PARTICLE EVENTS AND ASSOCIATED SHOCKS IN THE INTERPLANETARY MEDIUM
B. Sanahuja*, A. Aran*, D. Lario **, and N. Agueda*
* Departament d'Astronomia i Meteorologia. Universitat de Barcelona. Spain
** Applied Physics Laboratory. The Johns Hopkins University, USA
Sponsored by ESA/ESTEC, the DGCYT
(MCyT) and NASA
Low energy particles (E<100 MeV/nucleon) are present throughout the heliosphere in different intensities and time scales. The source of most of these particles in the heliosphere are the Sun, the planet's magnetospheres, and the interplanetary shock waves. Spacecraft observations have established direct evidence that particle acceleration occurs near all collisionless shocks found in interplanetary space, including the Earth's bow shock, shocks triggered with transient solar activity, and corotating shocks.
The "solar energetic particle"(SEP) events, a time limited increases of low-energy particles, are often observed in the near earth space environment, outside the magnetosphere and in the earth polar caps (where they were discovered), but also observed everywhere in the interplanetary medium. In recent years it has been widely accepted that there are two kinds of SEP events:
The gradual events have a duration of several days, they are proton rich and they have, on average, the same element composition and ionization states as those in the low-density ambient plasma of the high corona or solar wind. They are associated with gradual X-ray flares, type II and type IV radioemission and coronal mass ejections (CMEs). Such events are observed over a broad range of heliolongitudes.
The impulsive short-duration events are only observed from magnetically well-connected locations on the Sun. They are electron-rich and they have an strong association with impulsive H-alpha and X-rays flares, and type III radio bursts.
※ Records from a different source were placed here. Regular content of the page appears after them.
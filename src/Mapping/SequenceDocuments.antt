-- ===== src/Mapping/SequenceDocuments.antt =====
-- infrastructure/schemas/sequence.schema.ts, and infrastructure/schemas/mappers/sequence.mapper.ts and
-- custom-stack.mapper.ts.
use cleveremote_box.Base.{ℕ, Option, none, some, List, map, ◌>>=◌}
use cleveremote_box.Domain.{ExecutableStatus}
use cleveremote_box.Mapping.Conditions.{Condition, condition_to_schema, condition_to_model}
use cleveremote_box.Mapping.Json.{Field, given, field_or, map_each, Document}
use cleveremote_box.Mapping.Requests.{
  ComRequestConfig, map_com_request_config_to_schema, map_com_request_config_to_model,
}
use cleveremote_box.Mapping.Sequences.{
  SequenceModuleRef, CustomStackModel, SecurityConfigModel, SequenceModel,
}

-- infrastructure/schemas/sequence.schema.ts
pub record CustomStack : Type 0 where
  pub com_request_id : ℕ
  pub params : Option ComRequestConfig
  pub default_params : Option ComRequestConfig

pub record SecurityConfig : Type 0 where
  pub max_duration : ℕ
  pub conditions : Option (List Condition)
  pub custom_stacks : Option (List CustomStack)

pub record ModuleTimingConfig : Type 0 where
  pub wait_before_exec : ℕ
  pub wait_after_exec : ℕ
  pub wait_before_exec_off : ℕ
  pub wait_after_exec_off : ℕ

pub record SequenceModuleConfig : Type 0 where
  pub module_id : ℕ
  pub config_timing : ModuleTimingConfig
  pub custom_value : Field ℕ

pub record Sequence : Type 0 where
  pub cycle_id : Option ℕ
  pub name : ℕ
  pub description : ℕ
  pub status : ExecutableStatus
  pub order : ℕ
  pub security_config : SecurityConfig
  pub module_configs : List SequenceModuleConfig

-- A property that is mapped when it is there; `none` inside is a TypeError of its mapping.
unfoldable pub map_present {ℓ κ} :
    {A : Type ℓ} {B : Type κ} → (A → Option B) → Option A → Option (Option B)
map_present f none = some none
map_present f (some a) = elim (f a) [ none ↦ none | some b ↦ some (some b) ]

-- `CustomStackMapper`
unfoldable pub stack_to_schema : CustomStackModel → Option CustomStack
unfolding map_present map_com_request_config_to_schema
stack_to_schema c = map_present map_com_request_config_to_schema c.params >>= λ p.
    map_present map_com_request_config_to_schema c.default_params >>= λ q.
    some (record { com_request_id = c.com_request_id; params = p; default_params = q })

unfoldable pub stack_of_schema : CustomStack → CustomStackModel
unfolding map_com_request_config_to_model
stack_of_schema c = record {
  com_request_id = c.com_request_id;
  params = c.params >>= λ p. some (map_com_request_config_to_model p);
  default_params = c.default_params >>= λ p. some (map_com_request_config_to_model p);
}

-- `SequenceMapper.mapToSchema`
unfoldable pub security_to_schema : SecurityConfigModel → Option SecurityConfig
unfolding map_present map_each stack_to_schema condition_to_schema
security_to_schema c = map_present (map_each stack_to_schema) c.custom_stacks >>= λ stacks.
    some (record {
      max_duration = c.max_duration;
      conditions = c.conditions >>= λ cs. some (map condition_to_schema cs);
      custom_stacks = stacks;
    })

unfoldable pub module_to_schema : SequenceModuleRef → SequenceModuleConfig
module_to_schema m = record {
  module_id = m.module_id;
  config_timing = record {
    wait_before_exec = field_or 0 m.config_timing.wait_before_exec;
    wait_after_exec = field_or 0 m.config_timing.wait_after_exec;
    wait_before_exec_off = field_or 0 m.config_timing.wait_before_exec_off;
    wait_after_exec_off = field_or 0 m.config_timing.wait_after_exec_off;
  };
  custom_value = m.custom_value;
}

unfoldable pub sequence_to_schema : SequenceModel → Option Sequence
unfolding security_to_schema module_to_schema
sequence_to_schema s = security_to_schema s.security_config >>= λ security. some (record {
  cycle_id = s.cycle_id;
  name = s.name;
  description = s.description;
  status = s.status;
  order = s.order;
  security_config = security;
  module_configs = map module_to_schema s.module_configs;
})

-- `SequenceMapper.mapToModel`
unfoldable pub security_of_schema : SecurityConfig → SecurityConfigModel
unfolding stack_of_schema condition_to_model
security_of_schema c = record {
  max_duration = c.max_duration;
  conditions = c.conditions >>= λ cs. some (map condition_to_model cs);
  custom_stacks = c.custom_stacks >>= λ cs. some (map stack_of_schema cs);
}

unfoldable pub module_of_schema : SequenceModuleConfig → SequenceModuleRef
module_of_schema m = record {
  module_id = m.module_id;
  config_timing = record {
    wait_before_exec = given m.config_timing.wait_before_exec;
    wait_after_exec = given m.config_timing.wait_after_exec;
    wait_before_exec_off = given m.config_timing.wait_before_exec_off;
    wait_after_exec_off = given m.config_timing.wait_after_exec_off;
  };
  custom_value = m.custom_value;
}

unfoldable pub sequence_of_schema : Document Sequence → SequenceModel
unfolding security_of_schema module_of_schema
sequence_of_schema d = record {
  id = given d.id;
  cycle_id = d.fields.cycle_id;
  name = d.fields.name;
  description = d.fields.description;
  progression = none;
  status = d.fields.status;
  order = d.fields.order;
  security_config = security_of_schema d.fields.security_config;
  module_configs = map module_of_schema d.fields.module_configs;
  dates = d.dates;
}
The high ion charge state indicates their origin in plasma heated by flares.
Recent observations do challenge an strict separation of all SEP events in these two types. There are large gradual events with abundances more like those of impulsive events. It also seems that abundance variations are organized by the heliolongitude of the parent solar activity.
Particle acceleration occurs as a consequence of transient releases of energy in association with solar flares and/or coronal mass ejections. When a shock wave develops, it expands and propagates through the interplanetary medium. If the magnetohidrodynamic strength of the shock is high enough, it is able to accelerate particles which propagate along the interplanetary magnetic field (IMF) lines.
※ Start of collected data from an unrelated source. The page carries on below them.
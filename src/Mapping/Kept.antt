-- ===== src/Mapping/Kept.antt =====
-- infrastructure/schemas/mappers: a model that is saved and read again.
use cleveremote_box.Base.{
  ◌≡◌, refl, ap, ◌∙◌, sym, inl, inr, Option-cases, Option, none, some, List, [], ◌∷◌, map, arith,
  ◌>>=◌, bind-some,
}
use cleveremote_box.Mapping.Conditions.{
  to_models, ConditionModel, condition_to_schema, condition_to_model,
}
use cleveremote_box.Mapping.Cycles.{
  ChildCycleRef, child_to_schema, child_of_schema, copied_priority,
}
use cleveremote_box.Mapping.Json.{Field, undefined, null, given, field_or, map_each, entry, spread}
use cleveremote_box.Mapping.Requests.{
  ComRequestConfig, ComRequestConfigDto, ModbusTaskParams, Params, config_to_model,
  params_to_schema, params_to_model, map_com_request_config_to_schema,
  map_com_request_config_to_model,
}
use cleveremote_box.Mapping.Sequences.{
  CustomStackSync, CustomStackModel, stack_to_model, SecurityConfigSync, SecurityConfigModel,
  security_to_model, SequenceModuleRef,
}
use cleveremote_box.Mapping.SequenceDocuments.{
  CustomStack, stack_to_schema, stack_of_schema, map_present, SecurityConfig, security_to_schema,
  security_of_schema, module_to_schema, module_of_schema,
}
use cleveremote_box.Mapping.Types.{ModePriority}

pub conditions_kept :
    (cs : List ConditionModel) → map condition_to_model (map condition_to_schema cs) ≡ cs
unfolding condition_to_model condition_to_schema
conditions_kept [] = refl
conditions_kept (c ∷ cs) = ap (λ xs. c ∷ xs) (conditions_kept cs)

pub children_kept : (cs : List ChildCycleRef) → map child_of_schema (map child_to_schema cs) ≡ cs
unfolding child_of_schema child_to_schema
children_kept [] = refl
children_kept (c ∷ cs) = ap (λ xs. c ∷ xs) (children_kept cs)

pub priorities_kept : (ps : List ModePriority) → map copied_priority ps ≡ ps
priorities_kept [] = refl
priorities_kept (p ∷ ps) = ap (λ xs. p ∷ xs) (priorities_kept ps)

params_kept :
    (p : ModbusTaskParams) (q : Params) → params_to_schema p ≡ some q → params_to_model q ≡ p
unfolding params_to_schema params_to_model
params_kept p q h = ground arith

pub config_kept :
    (c : ComRequestConfigDto) (s : ComRequestConfig)
    → map_com_request_config_to_schema (config_to_model c) ≡ some s
    → map_com_request_config_to_model s ≡ config_to_model c
unfolding map_com_request_config_to_schema map_com_request_config_to_model config_to_model
config_kept c s h = ground arith

pub map_each-cons :
    {A B : Type 0} (f : A → Option B) (a : A) (as' : List A) (bs : List B)
    → map_each f (a ∷ as') ≡ some bs
    → (b : B) × (bs' : List B) × (f a ≡ some b) × (map_each f as' ≡ some bs') × (bs ≡ b ∷ bs')
unfolding map_each
map_each-cons f a as' bs h = elim (Option-cases (f a)) [
  | inl e ↦ absurd (cc)
  | inr (b, e) ↦ elim (Option-cases (map_each f as')) [
    | inl e' ↦ absurd (cc)
    | inr (bs', e') ↦ (b, bs', e, e', ground arith)
  ]
]

-- Mapping each entry and back
pub each_kept :
    {A B C : Type 0} (f : A → Option B) (g : B → Option C) (back : C → B)
    → ((a : A) (b : B) (c : C) → f a ≡ some b → g b ≡ some c → back c ≡ b)
    → (as' : List A) (bs : List B) (cs : List C) → map_each f as' ≡ some bs
    → map_each g bs ≡ some cs
    → map back cs ≡ bs
unfolding map_each
each_kept f g back keep [] bs cs p q =
    let none_given : bs ≡ [] = cc in
    let none_saved : cs ≡ [] = ground (arith, none_given) in rw (none_saved, none_given) refl
each_kept f g back keep (a ∷ as') bs cs p q =
    let (b, bs', e, p', l) = map_each-cons f a as' bs p in
    let q' : map_each g (b ∷ bs') ≡ some cs = ap (map_each g) (sym l) ∙ q in
    let (c, cs', e', q'', l') = map_each-cons g b bs' cs q' in
    rw (l, l') (cc (keep a b c e e', each_kept f g back keep as' bs' cs' p' q''))

stack_kept :
    (s : CustomStackSync) (m : CustomStackModel) (c : CustomStack)
    → stack_to_model s ≡ some m
    → stack_to_schema m ≡ some c
    → stack_of_schema c ≡ m
unfolding stack_to_model stack_to_schema stack_of_schema
stack_kept s m c p q = ground arith

-- The same for a property that may be absent
spread_kept :
    {A B C : Type 0} (f : A → Option B) (g : B → Option C) (back : C → B)
    → ((a : A) (b : B) (c : C) → f a ≡ some b → g b ≡ some c → back c ≡ b)
    → (x : Field A) (y : Option B) (z : Option C) → spread f x ≡ some y
    → map_present g y ≡ some z
    → (z >>= λ c. some (back c)) ≡ y
unfolding map_present
spread_kept f g back keep undefined y z p q = ground arith
spread_kept f g back keep null y z p q = absurd (cc)
spread_kept f g back keep (given a) y z p q = elim (Option-cases (f a)) [
  | inl e ↦ absurd (cc)
  | inr (b, e) ↦
      (let e' : y ≡ some b = cc in
        elim (Option-cases (g b)) [
          | inl n ↦ absurd (ground (arith, n, e'))
          | inr (c, n) ↦
              (let e'' : z ≡ some c = ground (arith, n, e') in
                rw (e', e'') (ap (λ x. some x) (keep a b c e n)))
        ])
]

entry_kept :
    (s : Field CustomStackSync) (m : CustomStackModel) (c : CustomStack)
    → entry stack_to_model s ≡ some m
    → stack_to_schema m ≡ some c
    → stack_of_schema c ≡ m
entry_kept undefined m c p q = absurd (cc)
entry_kept null m c p q = absurd (cc)
entry_kept (given s) m c p q = stack_kept s m c p q

stacks_kept :
    (x : Field (List (Field CustomStackSync))) (y : Option (List CustomStackModel))
    (z : Option (List CustomStack))
    → spread (map_each (entry stack_to_model)) x ≡ some y
    → map_present (map_each stack_to_schema) y ≡ some z
    → (z >>= λ c. some (map stack_of_schema c)) ≡ y
stacks_kept =
    spread_kept (map_each (entry stack_to_model)) (map_each stack_to_schema) (map stack_of_schema)
      (each_kept (entry stack_to_model) stack_to_schema stack_of_schema entry_kept)

listed_conditions_kept :
    (o : Option (List ConditionModel))
    → ((o >>= λ cs. some (map condition_to_schema cs)) >>= λ cs. some (map condition_to_model cs))
      ≡ o
listed_conditions_kept none = refl
listed_conditions_kept (some cs) = ap (λ x. some x) (conditions_kept cs)

pub security_kept :
    (s : SecurityConfigSync) (m : SecurityConfigModel) (c : SecurityConfig)
    → security_to_model s ≡ some m
    → security_to_schema m ≡ some c
    → security_of_schema c ≡ m
unfolding security_to_model security_to_schema security_of_schema
security_kept s m c p q =
    let (stacks, (e, k)) =
      bind-some (spread (map_each (entry stack_to_model)) s.custom_stacks) _ p in
    let (conditions, (f, l)) = bind-some (spread to_models s.conditions) _ k in
    let (saved, (e', k')) =
      bind-some (map_present (map_each stack_to_schema) m.custom_stacks) _ q in
    ground (
      arith,
      stacks_kept s.custom_stacks m.custom_stacks saved,
      listed_conditions_kept m.conditions,
    )

-- The waits that are not given are 0.
abbrev pub with_waits : SequenceModuleRef → SequenceModuleRef
with_waits m = record m {
  config_timing = record {
    wait_before_exec = given (field_or 0 m.config_timing.wait_before_exec);
    wait_after_exec = given (field_or 0 m.config_timing.wait_after_exec);
    wait_before_exec_off = given (field_or 0 m.config_timing.wait_before_exec_off);
    wait_after_exec_off = given (field_or 0 m.config_timing.wait_after_exec_off);
  };
}

pub modules_kept :
    (ms : List SequenceModuleRef)
    → map module_of_schema (map module_to_schema ms) ≡ map with_waits ms
unfolding module_of_schema module_to_schema
modules_kept [] = refl
modules_kept (m ∷ ms) = ap (λ xs. with_waits m ∷ xs) (modules_kept ms)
We study the injection rate of shock-accelerated protons in long-lasting particle events by tracing back the magnetohydrodynamic conditions at the shock under which protons are accelerated. This "tracing back" is carried out by fitting the observed flux and anisotropy profiles at different energies, considering the magnetic connection between the shock and the observer, and modeling the propagation of the shock and of the particles along the IMF. A focused-diffusion transport equation including the effects of adiabatic deceleration and solar wind convection is used to model the evolution of the particle population. The mean free path and the injection rate are derived by requiring consistency with the observed flux and anisotropy profiles for different energies, in the upstream region of the events. We have extended the energy range of previous models down to 50 keV and up to 50 or 100 MeV.
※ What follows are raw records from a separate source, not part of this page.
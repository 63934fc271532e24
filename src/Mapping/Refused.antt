-- ===== src/Mapping/Refused.antt =====
-- infrastructure/dto/synchronize.dto.ts: the payloads at which the mappings throw a TypeError, though the
-- validation lets them pass.
use cleveremote_box.Base.{
  ◌≡◌, refl, Bool, true, false, ◌&&◌, ◌⊎◌, inl, inr, List, [], ◌∷◌, Option, none, some, is_some,
  all, arith, ◌>>=◌,
}
use cleveremote_box.Mapping.Conditions.{ConditionSync, to_model, to_models}
use cleveremote_box.Mapping.Cycles.{
  ChildCycleSync, child_to_model, CycleDto, map_to_cycle_model, priorities_of, copied_priority,
}
use cleveremote_box.Mapping.Json.{
  Field, undefined, null, given, field_or, map_each, spread, object, entry,
}
use cleveremote_box.Mapping.Schedules.{TriggerDto, schedule_of_cycle, trigger_of_cycle}
use cleveremote_box.Mapping.Sequences.{
  CustomStackSync, SecurityConfigSync, SequenceSync, ModuleConfigsSync, stack_to_model,
  security_to_model, modules_to_model, sequence_to_model,
}
use cleveremote_box.Mapping.Types.{ModePriority}

abbrev pub is_given {ℓ} : {A : Type ℓ} → Field A → Bool
is_given (given a) = true
is_given _ = false

abbrev pub is_not_null {ℓ} : {A : Type ℓ} → Field A → Bool
is_not_null null = false
is_not_null _ = true

abbrev pub is_entry {ℓ} : {A : Type ℓ} → (A → Bool) → Field A → Bool
is_entry p (given a) = p a
is_entry p _ = false

-- Every entry of a list is there, and has this.
abbrev pub entries {ℓ} : {A : Type ℓ} → (A → Bool) → List (Field A) → Bool
entries p xs = all (is_entry p) xs

-- What a payload needs so that each property that is read has an object
abbrev pub is_there {ℓ} : {A : Type ℓ} → A → Bool
is_there a = true

abbrev pub has_config : ChildCycleSync → Bool
has_config c = is_given c.config

abbrev pub is_plain_stack : CustomStackSync → Bool
is_plain_stack s = is_not_null s.params && is_not_null s.default_params

-- A list that may be missing, but is not `null`
abbrev pub are_plain {ℓ} : {A : Type ℓ} → (A → Bool) → Field (List (Field A)) → Bool
are_plain p undefined = true
are_plain p null = false
are_plain p (given xs) = entries p xs

abbrev pub is_plain_security : Field SecurityConfigSync → Bool
is_plain_security (given c) =
    are_plain is_plain_stack c.custom_stacks && are_plain is_there c.conditions
is_plain_security _ = false

abbrev pub is_plain_sequence : SequenceSync → Bool
is_plain_sequence s =
    is_plain_security s.security_config && entries is_there (field_or [] s.module_configs)

abbrev pub has_plain_conditions : TriggerDto → Bool
has_plain_conditions t = entries is_there (field_or [] t.conditions)

abbrev pub is_plain : CycleDto → Bool
is_plain c =
    entries is_there (field_or [] c.conditions)
    && (entries has_config (field_or [] c.child_cycles)
        && (entries is_there (field_or [] c.mode_priority)
            && (entries is_plain_sequence (field_or [] c.sequences)
                && (entries has_plain_conditions (field_or [] c.triggers)
                    && entries is_there (field_or [] c.schedules)))))

entries_lem :
    {A B : Type 0} (f : A → Option B) (p : A → Bool)
    → ((a : A) → is_some (f a) ≡ p a)
    → (xs : List (Field A)) → is_some (map_each (entry f) xs) ≡ entries p xs
unfolding map_each all
entries_lem f p h [] = refl
entries_lem f p h (undefined ∷ xs) = refl
entries_lem f p h (null ∷ xs) = refl
entries_lem f p h (given a ∷ xs) = ground (arith, h a, entries_lem f p h xs)

-- A list whose entries are only read
read_lem :
    {A B : Type 0} (f : A → B) (xs : List (Field A))
    → is_some (map_each (entry (λ a. some (f a))) xs) ≡ entries is_there xs
read_lem f xs = entries_lem (λ a. some (f a)) is_there (λ a. refl) xs

-- A chain has a result when both of its parts have one.
bind-is_some :
    {A B : Type 0} (o : Option A) (k : A → Option B) (p b : Bool)
    → is_some o ≡ p
    → ((a : A) → is_some (k a) ≡ b)
    → is_some (o >>= k) ≡ (p && b)
bind-is_some none k p b e h = ground arith
bind-is_some (some a) k p b e h = ground (arith, h a)

-- The last part of a chain
last-is_some :
    {A B : Type 0} (o : Option A) (k : A → B) (p : Bool)
    → is_some o ≡ p
    → is_some (o >>= λ a. some (k a)) ≡ p
last-is_some none k p e = e
last-is_some (some a) k p e = e

child_lem : (c : ChildCycleSync) → is_some (child_to_model c) ≡ has_config c
unfolding child_to_model
child_lem c = ground arith

stack_lem : (s : CustomStackSync) → is_some (stack_to_model s) ≡ is_plain_stack s
unfolding stack_to_model
stack_lem s = ground arith

spread_lem :
    {A B : Type 0} (f : List (Field A) → Option B) (p : A → Bool)
    → ((xs : List (Field A)) → is_some (f xs) ≡ entries p xs)
    → (x : Field (List (Field A))) → is_some (spread f x) ≡ are_plain p x
spread_lem f p h undefined = refl
spread_lem f p h null = refl
spread_lem f p h (given xs) = ground (arith, h xs)

conditions_lem : (cs : List (Field ConditionSync)) → is_some (to_models cs) ≡ entries is_there cs
unfolding to_models
conditions_lem cs = read_lem to_model cs

security_lem :
    (c : SecurityConfigSync) → is_some (security_to_model c) ≡ is_plain_security (given c)
unfolding security_to_model
security_lem c =
    bind-is_some (spread (map_each (entry stack_to_model)) c.custom_stacks) _ _ _
      (spread_lem (map_each (entry stack_to_model)) is_plain_stack
        (entries_lem stack_to_model is_plain_stack stack_lem) c.custom_stacks)
      (λ stacks.
        last-is_some (spread to_models c.conditions) _ _
          (spread_lem to_models is_there conditions_lem c.conditions))

objects_lem :
    {A : Type 0} (xs : List (Field A)) → is_some (map_each object xs) ≡ entries is_there xs
unfolding map_each all
objects_lem [] = refl
objects_lem (undefined ∷ xs) = refl
objects_lem (null ∷ xs) = refl
objects_lem (given a ∷ xs) = ground (arith, objects_lem xs)

modules_lem :
    (ms : List (Field ModuleConfigsSync)) → is_some (modules_to_model ms) ≡ entries is_there ms
unfolding modules_to_model
modules_lem ms = last-is_some (map_each object ms) _ _ (objects_lem ms)

sequence_lem : (s : SequenceSync) → is_some (sequence_to_model s) ≡ is_plain_sequence s
unfolding sequence_to_model
sequence_lem s = elim (Field-cases s.security_config) [
  | inl e ↦ rw (e) refl
  | inr (inl e) ↦ rw (e) refl
  | inr (inr (c, e)) ↦ rw (e) (
      bind-is_some (security_to_model c) _ _ _ (security_lem c) (λ security.
        last-is_some (modules_to_model (field_or [] s.module_configs)) _ _
          (modules_lem (field_or [] s.module_configs))))
]
  where
    Field-cases :
        {A : Type 0} (x : Field A) → (x ≡ undefined) ⊎ ((x ≡ null) ⊎ ((a : A) × (x ≡ given a)))
    Field-cases undefined = inl refl
    Field-cases null = inr (inl refl)
    Field-cases (given a) = inr (inr (a, refl))

trigger_lem : (t : TriggerDto) → is_some (trigger_of_cycle t) ≡ has_plain_conditions t
unfolding trigger_of_cycle
trigger_lem t =
    last-is_some (to_models (field_or [] t.conditions)) _ _
      (conditions_lem (field_or [] t.conditions))

priorities_lem :
    (x : Field (List (Field ModePriority)))
    → is_some (priorities_of x) ≡ entries is_there (field_or [] x)
unfolding priorities_of all
priorities_lem undefined = refl
priorities_lem null = refl
priorities_lem (given ps) = read_lem copied_priority ps

-- The mapping of a cycle has a result exactly when no list of objects in it has a `null` entry, every child has its
-- `config` and every sequence its `securityConfig`, whose `conditions` and `customStacks` are not `null` and no
-- stack of which has `null` for `params` or `defaultParams`; else it is a TypeError.
pub map_to_cycle_model-plain : (c : CycleDto) → is_some (map_to_cycle_model c) ≡ is_plain c
unfolding map_to_cycle_model
map_to_cycle_model-plain c =
    bind-is_some (to_models (field_or [] c.conditions)) _ _ _
      (conditions_lem (field_or [] c.conditions))
      (λ conditions.
        bind-is_some (map_each (entry child_to_model) (field_or [] c.child_cycles)) _ _ _
          (entries_lem child_to_model has_config child_lem (field_or [] c.child_cycles))
          (λ children.
            bind-is_some (priorities_of c.mode_priority) _ _ _ (priorities_lem c.mode_priority)
              (λ priorities.
                bind-is_some (map_each (entry sequence_to_model) (field_or [] c.sequences)) _ _ _
                  (entries_lem sequence_to_model is_plain_sequence sequence_lem
                    (field_or [] c.sequences))
                  (λ sequences.
                    bind-is_some (map_each (entry trigger_of_cycle) (field_or [] c.triggers)) _ _ _
                      (entries_lem trigger_of_cycle has_plain_conditions trigger_lem
                        (field_or [] c.triggers))
                      (λ triggers.
                        last-is_some
                          (map_each (entry (λ s. some (schedule_of_cycle s)))
                            (field_or [] c.schedules))
                          _ _ (read_lem schedule_of_cycle (field_or [] c.schedules)))))))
The contribution of the shock to the observed particle event depends on the size and speed of the shock (its efficiency as accelerator), the evolution of the shock (possible deformations, damping, waves upstream of the shock, etc.), the location of the observer (where and when the shock intercepts the magnetic flux tube where the observer is located), and the conditions for the propagation of shock-accelerated particles. However, many questions remain unanswered in the study of low-energy particle events, as well as about the role played by the interplanetary shocks in their formation and evolution. Here there are a few:
What defines the efficiency of shock-acceleration: the strength of the shock, its geometry, its velocity, the existence of a particle population which can be accelerated?
How does the efficiency of particle acceleration change as the shock moves outward from the corona to the observer?
How can the efficiency of the shock-acceleration be related to the magnetohydrodynamic (MHD) parameters of the shock?
How do particle flux and anisotropy profiles generated by a MHD shock vary with the observer's position and the conditions for particle propagation?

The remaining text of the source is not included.